The researchers also evaluated the specialized personality settings provided by Microsoft’s Bing Chat interface. This interface allows users to dictate whether the chat agent behaves in a creative, accurate, or balanced manner. These three modes use exactly the same underlying software architecture, but are guided by hidden instructions that modify their behavior.
Creative mode achieved the highest score, with an estimated IQ of 132. They performed exceptionally well on analogies and tasks that required innovative and flexible thinking. Precise mode scores were slightly lower overall, but were better on rigorous logical reasoning sequences. Balanced mode performed the worst of the three. This result suggests that attempting to combine instructions to increase accuracy and creativity actually impedes the program’s ability to reason effectively and leads to substandard responses.

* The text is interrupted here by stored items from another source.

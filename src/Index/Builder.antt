-- ===== src/Index/Builder.antt =====
-- repo/content/index/index_builder.go and the comparison of merged.go. A Builder, a map from content
-- IDs to infos, is the list of its infos: the key of each is its content ID. Go walks a map in any
-- order, here in the order of the list.
pub mod Sorting
pub mod Buckets
pub mod Members
pub mod Adding
pub mod RoundTrip
pub mod Shards
use mathlib.Core.List.{flatten}
use kopia.Prelude.{
  ℕ, zero, suc, ◌+◌, ◌-◌, ◌*◌, ◌/◌, Bool, true, false, not, ◌&&◌, List, [], ◌∷◌, ◌++◌, Option, none,
  some, map, ltb, leb, ◌==◌, if◌then◌else◌, bytes_equal, Result, ok, err, ◌>>=◌,
}
use kopia.Index.ContentId.{ContentId, compare_bytes, is_lt, less}
use kopia.Index.Info.{Info}
use kopia.Index.V1.{build_v1, IndexError}

-- `==` on IDs
abbrev pub same_id : ContentId → ContentId → Bool
same_id i j = i.prefix == j.prefix && bytes_equal i.hash j.hash

-- contentInfoGreaterThan(a, b) of two infos that are not nil
abbrev pub info_greater_than : Info → Info → Bool
info_greater_than a b =
    if not (a.timestamp_seconds == b.timestamp_seconds)
    then ltb b.timestamp_seconds a.timestamp_seconds
    else if not (bool_equal a.deleted b.deleted)
    then not a.deleted
    else is_lt (compare_bytes b.pack_blob_id a.pack_blob_id)
  where
    bool_equal : Bool → Bool → Bool
    bool_equal true d = d
    bool_equal false d = not d

-- contentInfoGreaterThan(a, b)
abbrev pub content_info_greater_than : Option Info → Option Info → Bool
content_info_greater_than a none = true
content_info_greater_than none (some b) = false
content_info_greater_than (some a) (some b) = info_greater_than a b

-- `b[cid]`
unfoldable pub lookup_info : List Info → ContentId → Option Info
lookup_info [] id = none
lookup_info (i ∷ b) id = if same_id i.content_id id then some i else lookup_info b id

-- `b[cid] = i`
unfoldable pub put_info : List Info → Info → List Info
put_info [] i = i ∷ []
put_info (j ∷ b) i = if same_id j.content_id i.content_id then i ∷ b else j ∷ put_info b i

-- Add(i)
unfoldable pub add : List Info → Info → List Info
unfolding put_info lookup_info
add b i =
    if content_info_greater_than (some i) (lookup_info b i.content_id) then put_info b i else b

unfoldable pub add_all : List Info → List Info → List Info
unfolding add
add_all b [] = b
add_all b (i ∷ is) = add_all (add b i) is

-- base36Value[c]
abbrev pub base36_value : ℕ → ℕ
base36_value c =
    if leb b'0' c && leb c b'9'
    then c - b'0'
    else if leb b'a' c && leb c b'z'
    then c - b'a' + 10
    else if leb b'A' c && leb c b'Z'
    then c - b'A' + 10
    else 0

-- `cid.data[0]`
abbrev pub first_byte : List ℕ → ℕ
first_byte [] = 0
first_byte (c ∷ h) = c

-- the bucket of a content
unfoldable pub bucket_of : ContentId → ℕ
bucket_of cid = base36_value cid.prefix * 16 + first_byte cid.hash / 16

-- the contents of one bucket
unfoldable pub bucket : ℕ → List Info → List Info
bucket n [] = []
bucket n (v ∷ vs) = let rest = bucket n vs in if bucket_of v.content_id == n then v ∷ rest else rest

-- sort.Slice by less; IDs are distinct, so that any sort gives this list.
unfoldable pub insert : Info → List Info → List Info
insert v [] = v ∷ []
insert v (w ∷ ws) =
    let rest = insert v ws in if less v.content_id w.content_id then v ∷ w ∷ ws else w ∷ rest

unfoldable pub sort_slice : List Info → List Info
unfolding insert
sort_slice [] = []
sort_slice (v ∷ vs) = insert v (sort_slice vs)

-- the sorted buckets from a number on, one after the other
unfoldable pub buckets_from : ℕ → ℕ → List Info → List Info
unfolding bucket sort_slice
buckets_from n zero vs = []
buckets_from n (suc count) vs = sort_slice (bucket n vs) ++ buckets_from (suc n) count vs

-- sortedContents()
unfoldable pub sorted_contents : List Info → List Info
unfolding buckets_from
sorted_contents b = buckets_from 0 (36 * 16) b

-- Build(output, Version1): the bytes written, with the random suffix that is drawn
unfoldable pub build : List Info → List ℕ → Result IndexError (List ℕ)
unfolding sorted_contents
build b random_suffix = do bytes ← build_v1 (sorted_contents b); ok (bytes ++ random_suffix)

To see if performance could be improved beyond these basic scores, the team designed a multi-agent system. In this setup, one artificial intelligence generates an initial answer, a second artificial intelligence criticizes that answer, and a third artificial intelligence uses that criticism to suggest modifications. The first program then tries to answer the original question again using the new advice. This mimics the human peer review process.
The composition of this comprehensive team completely changed the final test score. When the researchers assigned a smaller model to answer questions and a larger, more sophisticated model to act as a critic, the smaller model improved its score on the second try. The big critic accurately guided the little algorithm towards the correct logic.
Conversely, if the larger model answered the question first and the smaller model acted as a critic, the larger model performed worse on the second trial. The flawed criticisms raised by the small program caused the large model to question its own initially correct answers. Taking the largest models and letting them act as their own critics provides little additional benefit, suggesting that the inference capabilities of top systems may have temporarily plateaued.
This research is characterized by certain limitations regarding how intelligence is defined and measured. The tests used in this assessment were originally designed to measure human cognitive abilities. These tests may not accurately capture the unique inner workings of artificial intelligence systems. Artificial intelligence systems can ingest millions of text documents in seconds, but have no physical interaction with the real world. Many psychologists debate the validity of intelligence tests for measuring human abilities, arguing that intelligence tests are imperfect tools for measuring the general mind.
Future research could include implementation of current clinical diagnostic assessments used by psychologists in professional medical settings. The researchers also hope to conduct large-scale trials that focus solely on images, as visual reasoning remains a major hurdle for the current generation of generative artificial intelligence software.
The study, “Assessing the Intelligence of Large-Scale Language Models: A Comparative Study Using Verbal and Visual IQ Tests,” was authored by Sherif Abdelkarim, David Lu, Dora-Luz Flores, Susanne Jaeggi, and Pierre Baldi.